Technical rule changes during the 9X8’s development compromised the wingless concept and led to Peugeot conforming with the conventional winged Hypercar designs (although it has retained much of the original car’s flavour). Toyota was the other manufacturer to develop an LMH hybrid during a turbulent period from a regulation perspective, when the requirements for LMH machinery were changed to accommodate the arrival of the oncoming LMDh platform. This was to ensure the healthy grid that the WEC enjoys today.

For example, the FIA and ACO castrated the four-wheel-drive element of the LMH hybrids, introducing a minimum speed at which the electric motor would activate. They also mandated open differentials and introduced adjustable anti-roll bars. Toyota and Peugeot started with the same width tyres at both ends of their cars by requirement, but the former switched to the narrow front, wide rear option in 2022. This window was opened when the rear-wheel-drive LMDh platform was formed, although Peugeot did not take up the offer due to the complexity of changing its radical concept at short notice. The 9X8, using same size tyres all round, made its debut in a 31 / 31 tyre configuration at Monza in July 2022. Four-wheel-drive LMH cars homologated after 2022, such as the Ferrari 499P, must use the 29 / 34 tyres that Toyota and Peugeot have now adopted.

With the 2024 update, Peugeot has moved the 9X8’s weight distribution rearwards and reduced its reliance on underfloor aero by introducing the rear wing. The rear tyres are wider than they used to be, which Peugeot hopes will alleviate traction and wear issues.

The winged car, using 29-inch tyres on the front and 34-inch on the rear, has been tested to around 7-8000km so far (Peugeot)

The team achieved these updates while retaining the same tub, engine, gearbox and hybrid system, which helped keep development costs down to an estimated €10m. However, Peugeot WEC technical director Olivier Jansonnie claimed that around 90 per cent of the car’s surface was changed, as more air was put over the top to feed the rear wing rather than under it and through the ground effect tunnels.

‘The idea was to try to use the new opportunities in the regulations,’ said Jansonnie.

‘[With] the 29 / 34 tyre size, very early in the process we identified that potentially had more performance than the 31 / 31 design. At the time, in 2022, when the decision was taken to open this opportunity, we couldn’t re-design the car. It was too late for us since we wanted to have a car ready to race at Monza [in July] 2022.

‘Now we have this opportunity, and actually in testing we found that it has even more potential than we had expected from the simulation, which was a surprise to us. Then we adapted the aero to match this new tyre dimension so, basically, changing the weight distribution on the car to be much more rearward than the previous version, and changing the aero balance as a consequence.’

Peugeot contested the opening round of the 2024 season in Qatar with its original car, but will switch to the updated version from round two at Imola (Peugeot)

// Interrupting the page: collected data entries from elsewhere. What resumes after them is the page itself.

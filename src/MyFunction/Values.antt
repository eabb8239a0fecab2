-- ===== src/MyFunction/Values.antt =====
-- The wrappers of my_function/my_function.hpp as values: which object each of them holds.
use mathlib.Core.Path.{subst}
use low_level_cpp.Base.{ℕ, ◌≡◌, ◌≢◌, ◌⊎◌, inl, inr, refl, sym, ap, ◌∙◌, Option, none, eq-cases}
use low_level_cpp.Base.Store.{update, update_self, update_other}
use low_level_cpp.MyFunction.{Callable, null, in_buffer, on_heap, Store}

module _ {F : Type 0} where
  -- A wrapper whose field is `c` holds `v`.
  abbrev pub Shows : Store F → ℕ → Callable → Option F → Type 0
  Shows s i null v = (s.buffer i ≡ none) × (v ≡ none)
  Shows s i (in_buffer j) v = (j ≡ i) × (s.buffer i ≡ v) × (v ≢ none)
  Shows s i (on_heap p) v = (s.buffer i ≡ none) × (s.heap p ≡ v) × (v ≢ none)

  -- Each wrapper `i` holds `values i`, and each object of the heap has one wrapper.
  pub record Represents (s : Store F) (values : ℕ → Option F) : Type 0 where
    pub shows : (i : ℕ) → Shows s i (s.callable i) (values i)
    pub single : (i j p : ℕ) → s.callable i ≡ on_heap p → s.callable j ≡ on_heap p → i ≡ j
    pub kept : (p : ℕ) → s.heap p ≢ none → (i : ℕ) × (s.callable i ≡ on_heap p)

  pub Represents-ext :
      (s : Store F) (v w : ℕ → Option F) → ((i : ℕ) → v i ≡ w i) → Represents s v → Represents s w
  Represents-ext s v w same r = record {
    shows = λ i. subst (Shows s i (s.callable i)) (same i) (r.shows i);
    single = r.single;
    kept = r.kept;
  }

  Shows-frame :
      (s t : Store F) (i : ℕ) (c : Callable) (v : Option F)
      → t.buffer i ≡ s.buffer i
      → ((p : ℕ) → c ≡ on_heap p → t.heap p ≡ s.heap p)
      → Shows s i c v
      → Shows t i c v
  Shows-frame s t i null v buffer heap h = (buffer ∙ h.0, h.1)
  Shows-frame s t i (in_buffer j) v buffer heap h = (h.0, buffer ∙ h.1, h.2)
  Shows-frame s t i (on_heap p) v buffer heap h = (buffer ∙ h.0, heap p refl ∙ h.1, h.2)

  pub Represents-same :
      (s t : Store F) (v : ℕ → Option F)
      → ((i : ℕ) → t.callable i ≡ s.callable i)
      → ((i : ℕ) → t.buffer i ≡ s.buffer i)
      → ((p : ℕ) → t.heap p ≡ s.heap p)
      → Represents s v
      → Represents t v
  Represents-same s t v callable buffer heap r = record {
    shows = λ i.
        subst (λ c. Shows t i c (v i)) (sym (callable i))
          (Shows-frame s t i (s.callable i) (v i) (buffer i) (λ p e. heap p) (r.shows i));
    single = λ i j p e f. r.single i j p (sym (callable i) ∙ e) (sym (callable j) ∙ f);
    kept = λ p h. let (i, e) = r.kept p (λ f. h (heap p ∙ f)) in (i, callable i ∙ e);
  }

  -- What a change at wrapper `i` has to leave alone.
  pub record Changes (i : ℕ) (s t : Store F) : Type 0 where
    pub callable : (j : ℕ) → i ≢ j → t.callable j ≡ s.callable j
    pub buffer : (j : ℕ) → i ≢ j → t.buffer j ≡ s.buffer j
    pub heap : (j p : ℕ) → i ≢ j → s.callable j ≡ on_heap p → t.heap p ≡ s.heap p
    pub free : (j p : ℕ) → i ≢ j → t.callable i ≡ on_heap p → s.callable j ≢ on_heap p
    pub kept :
        (p : ℕ)
        → t.heap p ≢ none
        → (t.callable i ≡ on_heap p) ⊎ ((s.heap p ≢ none) × (s.callable i ≢ on_heap p))

  pub Changes-Represents :
      (i : ℕ) (s t : Store F) (v : ℕ → Option F) (w : Option F)
      → Represents s v
      → Changes i s t
      → Shows t i (t.callable i) w
      → Represents t (update v i w)
  Changes-Represents i s t v w r c here = record {
    shows = λ j. elim (eq-cases i j) [
      | inl this ↦
          subst (λ k. Shows t k (t.callable k) (update v i w k)) this
            (subst (Shows t i (t.callable i)) (sym (update_self v i w)) here)
      | inr other ↦ subst (Shows t j (t.callable j)) (sym (update_other v i j w other)) (
          subst (λ k. Shows t j k (v j)) (sym (c.callable j other))
            (Shows-frame s t j (s.callable j) (v j) (c.buffer j other) (λ p e. c.heap j p other e)
              (r.shows j)))
    ];
    single = λ j k p e f. elim (eq-cases i j) [
      | inl this ↦ elim (eq-cases i k) [
        | inl that ↦ sym this ∙ that
        | inr other ↦
            absurd (c.free k p other (ap t.callable this ∙ e) (sym (c.callable k other) ∙ f))
      ]
      | inr apart ↦ elim (eq-cases i k) [
        | inl that ↦
            absurd (c.free j p apart (ap t.callable that ∙ f) (sym (c.callable j apart) ∙ e))
        | inr other ↦ r.single j k p (sym (c.callable j apart) ∙ e) (sym (c.callable k other) ∙ f)
      ]
    ];
    kept = λ p h. elim (c.kept p h) [
      | inl here ↦ (i, here)
      | inr (old, not_here) ↦
          let (j, e) = r.kept p old in
          let other : i ≢ j = λ same. not_here (ap s.callable same ∙ e) in
          (j, c.callable j other ∙ e)
    ];
  }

From a heavy reliance on underfloor performance on the original 9X8, the rear wing now needs to be fed, so the splitter must send more air over the car than before. Jansonnie stated that the 9X8 retains a strong element of underfloor-generated downforce, but its relationship to the rear wing necessitated an extensive re-design.

Peugeot believes its updated car will be easier for the FIA and ACO to balance against the other Hypercars. One of its targets, according to Jansonnie, was to ‘get rid of the dependency’ on the Balance of Performance and rely more on the traits of its design rather than circuit layouts. That is an unsurprising priority considering the original Peugeot 9X8 blew hot and cold at different tracks.

‘We have proven that in low-grip conditions the car was performing better, but we just wanted to put the car back to a more average window and a more similar condition to what our competition is doing,’ added Jansonnie. ‘In Qatar, for instance, we were in what I call a corner of the BoP, which means maximum power and lowest weight, but then you cannot move from that corner. Now we expect to move to a more average position.’